Should a line below contain the word "length", report it.

- [Exercise material]
########################################

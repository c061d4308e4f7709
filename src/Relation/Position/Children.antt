-- ===== src/Relation/Position/Children.antt =====
-- The children of an intern node by position: their bounds, and the records before and after them.
use deep_spec_db.Base.{
  ℕ, zero, suc, ◌≤◌, ◌<◌, ◌≡◌, refl, ap, sym, ◌∙◌, subst, Bool, true, false, some, List, [], ◌∷◌,
  ◌++◌, append-nil, append_assoc, arith, length, get_elem?, take, drop, ◌==◌, if◌then◌else◌, lt→ltb,
  ltb-eq-false, ◌>>=◌, drop-length, get_elem?-lt, ==-eq-false, ==-suc,
}
use mathlib.Core.Option.{some-injective}
use deep_spec_db.Relation.{BtNode}
use deep_spec_db.Relation.Search.{child_index, child}
use deep_spec_db.Relation.Contents.{flat}
use deep_spec_db.Relation.Order.{Separates, Separates-le}
use deep_spec_db.Relation.Position.{before, after}

module _ {ℓ} {A : Type ℓ} where
  child_cons :
      (n : BtNode A A) (c : A) (e : ℕ × A) (es : List (ℕ × A)) (i : ℕ)
      → child (record n { ptr0 = c; entries = e ∷ es }) (suc i)
        ≡ child (record n { ptr0 = e.1; entries = es }) i
  unfolding child
  child_cons n c e es zero = refl
  child_cons n c e es (suc i) = refl

  -- A position up to the number of keys has a child, and no other has one.
  pub child-le : (n : BtNode A A) (i : ℕ) → i ≤ length n.entries → (c : A) × (child n i ≡ some c)
  unfolding child
  child-le n zero h = (n.ptr0, refl)
  child-le n (suc i) h = let (e, at_e, _) = get_elem?-lt n.entries i h in (e.1, rw at_e)

  get_elem?-range :
      (es : List (ℕ × A)) (i : ℕ) (c : A)
      → (get_elem? es i >>= λ e. some e.1) ≡ some c
      → i < length es
  get_elem?-range [] i c h = cc
  get_elem?-range (e ∷ es) zero c h = omega arith
  get_elem?-range (e ∷ es) (suc i) c h = omega (arith, get_elem?-range es i c h)

  pub child-range : (n : BtNode A A) (i : ℕ) (c : A) → child n i ≡ some c → i ≤ length n.entries
  unfolding child
  child-range n zero c h = omega arith
  child-range n (suc i) c h = get_elem?-range n.entries i c h

module _ {ℓ κ} {A : Type ℓ} {X : Type κ} (g : A → List X) where
  flat-take :
      (es : List (ℕ × A)) (i : ℕ) (c : A)
      → (get_elem? es i >>= λ e. some e.1) ≡ some c
      → flat g (take (suc i) es) ≡ flat g (take i es) ++ g c
  unfolding flat
  flat-take [] i c h = cc
  flat-take (e ∷ es) zero c h = rw (some-injective e.1 c h, append-nil)
  flat-take (e ∷ es) (suc i) c h =
      ap (λ (t : List X). g e.1 ++ t) (flat-take es i c h) ∙ sym (append_assoc (g e.1) _ _)

  pub before-suc :
      (n : BtNode A A) (i : ℕ) (c : A)
      → child n i ≡ some c
      → before g n (suc i) ≡ before g n i ++ g c
  unfolding child flat
  before-suc n zero c h = rw (some-injective n.ptr0 c h, append-nil)
  before-suc n (suc i) c h =
      ap (λ (t : List X). g n.ptr0 ++ t) (flat-take n.entries i c h)
      ∙ sym (append_assoc (g n.ptr0) _ _)

  flat-drop : (es : List (ℕ × A)) (i : ℕ) → flat g es ≡ flat g (take i es) ++ flat g (drop i es)
  unfolding flat
  flat-drop es zero = refl
  flat-drop [] (suc i) = refl
  flat-drop (e ∷ es) (suc i) =
      ap (λ (t : List X). g e.1 ++ t) (flat-drop es i) ∙ sym (append_assoc (g e.1) _ _)

  -- The records of a node are those before a child, its own, and those after it.
  pub before-after :
      (n : BtNode A A) (i : ℕ) (c : A)
      → child n i ≡ some c
      → g n.ptr0 ++ flat g n.entries ≡ before g n i ++ (g c ++ after g n i)
  before-after n i c h =
      ap (λ (t : List X). g n.ptr0 ++ t) (flat-drop n.entries i)
      ∙ sym (append_assoc (g n.ptr0) _ _)
      ∙ ap (λ (t : List X). t ++ after g n i) (before-suc n i c h)
      ∙ append_assoc (before g n i) (g c) (after g n i)

  pub after_last : (n : BtNode A A) → after g n (length n.entries) ≡ []
  unfolding flat
  after_last n = rw (drop-length n.entries)

-- The bounds of the child at a position, and when it is the one that covers a key.
pub record Bounds {ℓ} {A : Type ℓ} (P : A → ℕ → Bool → ℕ → Bool → Type 0) (lo : ℕ) (first : Bool)
    (hi : ℕ) (last : Bool) (es : List (ℕ × A)) (i : ℕ) (c : A) : Type 0 where
  pub low : ℕ
  pub high : ℕ
  pub at_first : Bool
  pub at_last : Bool
  pub good : P c low at_first high at_last
  pub low_first : at_first ≡ true → (first ≡ true) × (low ≡ lo)
  pub high_last : at_last ≡ true → (last ≡ true) × (high ≡ hi)
  pub last_iff : at_last ≡ (if i == length es then last else false)
  pub low_ge : lo ≤ low
  pub high_le : high ≤ hi
  pub covers : (key : ℕ) → low ≤ key → key < high → child_index key es ≡ i

module _ {ℓ} {A : Type ℓ} (P : A → ℕ → Bool → ℕ → Bool → Type 0)
    (bounds : (c : A) (lo : ℕ) (first : Bool) (hi : ℕ) (last : Bool)
      → P c lo first hi last
      → lo ≤ hi) where
  pub child-Bounds :
      (n : BtNode A A) (lo : ℕ) (first : Bool) (hi : ℕ) (last : Bool) (c' : A) (es : List (ℕ × A))
      (i : ℕ) (c : A)
      → Separates P lo first hi last c' es
      → child (record n { ptr0 = c'; entries = es }) i ≡ some c
      → Bounds P lo first hi last es i c
  unfolding child child_index
  child-Bounds n lo first hi last c' [] zero c s h = record {
    low = lo;
    high = hi;
    at_first = first;
    at_last = last;
    good = subst (λ x. P x lo first hi last) (some-injective c' c h) s;
    low_first = λ e. (e, refl);
    high_last = λ e. (e, refl);
    last_iff = refl;
    low_ge = omega arith;
    high_le = omega arith;
    covers = λ key l u. refl;
  }
  child-Bounds n lo first hi last c' [] (suc i) c s h = cc
  child-Bounds n lo first hi last c' (e ∷ es) zero c s h = record {
    low = lo;
    high = e.0;
    at_first = first;
    at_last = false;
    good = subst (λ x. P x lo first e.0 false) (some-injective c' c h) s.0;
    low_first = λ e. (e, refl);
    high_last = λ e. cc;
    last_iff = rw (==-eq-false 0 (suc (length es)) (omega arith));
    low_ge = omega arith;
    high_le = Separates-le P bounds e.0 false hi last e.1 es s.2;
    covers = λ key l u. rw (lt→ltb key e.0 u);
  }
  child-Bounds n lo first hi last c' (e ∷ es) (suc i) c s h =
      let r = child-Bounds n e.0 false hi last e.1 es i c s.2 (sym (child_cons n c' e es i) ∙ h) in
      let step : (suc i == suc (length es)) ≡ (i == length es) = ==-suc i (length es) in
      record {
        low = r.low;
        high = r.high;
        at_first = r.at_first;
        at_last = r.at_last;
        good = r.good;
        low_first = λ t. cc ((r.low_first t).0);
        high_last = r.high_last;
        last_iff = rw step r.last_iff;
        low_ge = omega (arith, s.1, r.low_ge);
        high_le = r.high_le;
        covers = λ key l u.
            rw (ltb-eq-false key e.0 (omega (arith, r.low_ge))) (ap suc (r.covers key l u));
      }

########################################

- [Result of this exercise]
  ◌++◌, append-nil, append_assoc, arith, length, get_elem?, take, drop, ◌==◌, if◌then◌else◌, lt→ltb,
  ltb-eq-false, ◌>>=◌, drop-length, get_elem?-lt, ==-eq-false, ==-suc,
  pub child-le : (n : BtNode A A) (i : ℕ) → i ≤ length n.entries → (c : A) × (child n i ≡ some c)
      → i < length es
  pub child-range : (n : BtNode A A) (i : ℕ) (c : A) → child n i ≡ some c → i ≤ length n.entries
  pub after_last : (n : BtNode A A) → after g n (length n.entries) ≡ []
  after_last n = rw (drop-length n.entries)
  pub last_iff : at_last ≡ (if i == length es then last else false)
    last_iff = rw (==-eq-false 0 (suc (length es)) (omega arith));
      let step : (suc i == suc (length es)) ≡ (i == length es) = ==-suc i (length es) in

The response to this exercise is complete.